To illustrate the dependence of the geometry of the trees on r and \(D_c\), let us consider an example tree limited to 5 generations (trachea and 4 subsequent generations). The value of r is varied from 0 to 0.5 while varying the cut-off diameter over three different values of \(D_c = 8.5\), 9 and 9.5 mm. Figure 10 shows the morphology as well as calculated diameters of the bronchioles for these values of r and \(D_c\). Figure 11 shows the variation of number of terminal branches \(n_{tb}\) with respect to r for constant \(D_c\) (obtained by a finer grained variation of r in comparison to Fig. 10).

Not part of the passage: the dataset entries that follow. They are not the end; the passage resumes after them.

-- ===== src/Scenarios/Enumeration.antt =====
-- The search for a port, on a host whose names are those of Windows.
use anyserial.Base.{
  ℕ, ◌-◌, ◌==◌, leb, ◌&&◌, ◌≡◌, refl, true, none, some, List, [], ◌∷◌, map, if◌then◌else◌, arith,
}
use anyserial.Errors.{Result, ok, raise}
use anyserial.Selection.{
  Platform, platform_of, select_backend, select_discovery, unsupported_platform, DiscoveryBackend,
  Enumerator,
}
use anyserial.Discovery.{
  Text, PortInfo, Naming, Filters, prefixed, strip, canonical_port_name, accepts, first_match,
  list_serial_ports, find_serial_port,
}
use anyserial.Discovery.Names.{ResolvesOnce}
use anyserial.Discovery.Search.{find_any_spelling}

abbrev up : ℕ → ℕ
up c = if leb 97 c && leb c 122 then c - 32 else c

abbrev pub names : Naming
names = record { is_windows = true; upper = map up; exists = λ s. true; realpath = λ s. s }

up_once : (c : ℕ) → up (up c) ≡ up c
up_once c = ground arith

map_once : (s : Text) → map up (map up s) ≡ map up s
map_once [] = refl
map_once (c ∷ s) = rw (up_once c, map_once s) refl

up_still : (c d : ℕ) → leb d 64 ≡ true → (up c == d) ≡ (c == d)
up_still c d h = ground arith

up_backslash : (c : ℕ) → (up c == 92) ≡ (c == 92)
up_backslash c = ground arith

map_prefix : (s : Text) → prefixed (map up s) ≡ prefixed s
unfolding prefixed
map_prefix [] = refl
map_prefix (a ∷ []) = refl
map_prefix (a ∷ b ∷ []) = refl
map_prefix (a ∷ b ∷ c ∷ []) = refl
map_prefix (a ∷ b ∷ c ∷ d ∷ rest) =
    rw (up_backslash a, up_backslash b, up_still c 46 refl, up_still c 63 refl, up_backslash d) refl

names-ResolvesOnce : ResolvesOnce names
names-ResolvesOnce = record {
  upper_once = map_once;
  upper_prefix = map_prefix;
  resolved = λ s e. refl;
  resolves_once = λ s e. refl;
}

abbrev port : Text → ℕ → PortInfo
port device vid = record {
  device = device;
  name = none;
  description = none;
  hwid = none;
  vid = some vid;
  pid = none;
  serial_number = none;
  manufacturer = none;
  product = none;
  location = none;
  interface = none;
}

-- COM3 and COM8
abbrev com3 : Text
com3 = 67 ∷ 79 ∷ 77 ∷ 51 ∷ []

abbrev com8 : Text
com8 = 67 ∷ 79 ∷ 77 ∷ 56 ∷ []

-- `\\.\com8`
abbrev lower_com8 : Text
lower_com8 = 92 ∷ 92 ∷ 46 ∷ 92 ∷ 99 ∷ 111 ∷ 109 ∷ 56 ∷ []

abbrev enumerate : Enumerator → Result (List PortInfo)
enumerate e = ok (port com3 1027 ∷ port com8 1027 ∷ [])

abbrev filters : Filters
filters = record { vid = some 1027; pid = none; serial_number = none; device = some lower_com8 }

finds_com8 :
    find_serial_port enumerate names "win32" DiscoveryBackend.native filters
    ≡ ok (some (port com8 1027))
unfolding find_serial_port list_serial_ports select_discovery platform_of accepts first_match
    canonical_port_name strip prefixed
finds_com8 = refl

dragonfly_is_bsd : select_backend "dragonfly6" ≡ ok Platform.bsd
unfolding select_backend platform_of
dragonfly_is_bsd = refl

freebsd_is_bsd : select_backend "freebsd14" ≡ ok Platform.bsd
unfolding select_backend platform_of
freebsd_is_bsd = refl

none_for_sunos : select_backend "sunos5" ≡ raise unsupported_platform
unfolding select_backend platform_of
none_for_sunos = refl

find_any_spelling_example :
    find_serial_port enumerate names "win32" DiscoveryBackend.native
      (record filters { device = some (canonical_port_name names lower_com8) })
    ≡ find_serial_port enumerate names "win32" DiscoveryBackend.native
        (record filters { device = some lower_com8 })
find_any_spelling_example =
    find_any_spelling enumerate names "win32" DiscoveryBackend.native filters lower_com8
      names-ResolvesOnce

It is seen from Fig. 11 that for \(D_c=8.5\,\textrm{mm}\), within \(0.425 \le r \le 0.442\), \(n_{tb}\) is maximised (\(n_{tb} = 9\)). For \(D_c=9\, \textrm{mm}\), there is non-monotonic decay with reduction of r whereas for \(D_c=9.5\,\textrm{mm}\), the trend is monotonic. Both of them have their maxima of \(n_{tb} = 8\) at \(r=0.5\) only. In general, as \(D_c\) increases, \(n_{tb}\) decreases because bronchioles of diameters smaller than \(D_c\) are terminated. With increasing asymmetry (decreasing r), the balance between addition of newer branches penetrating to deeper generations and losing out branches in the upper generations (along with the sub-trees attached to them) dictate whether \(n_{tb}\) would increase or decrease. In spite of being simplistic examples, these are illustrative of the nature of morphometry for full-scale 23-generation bronchial trees as well.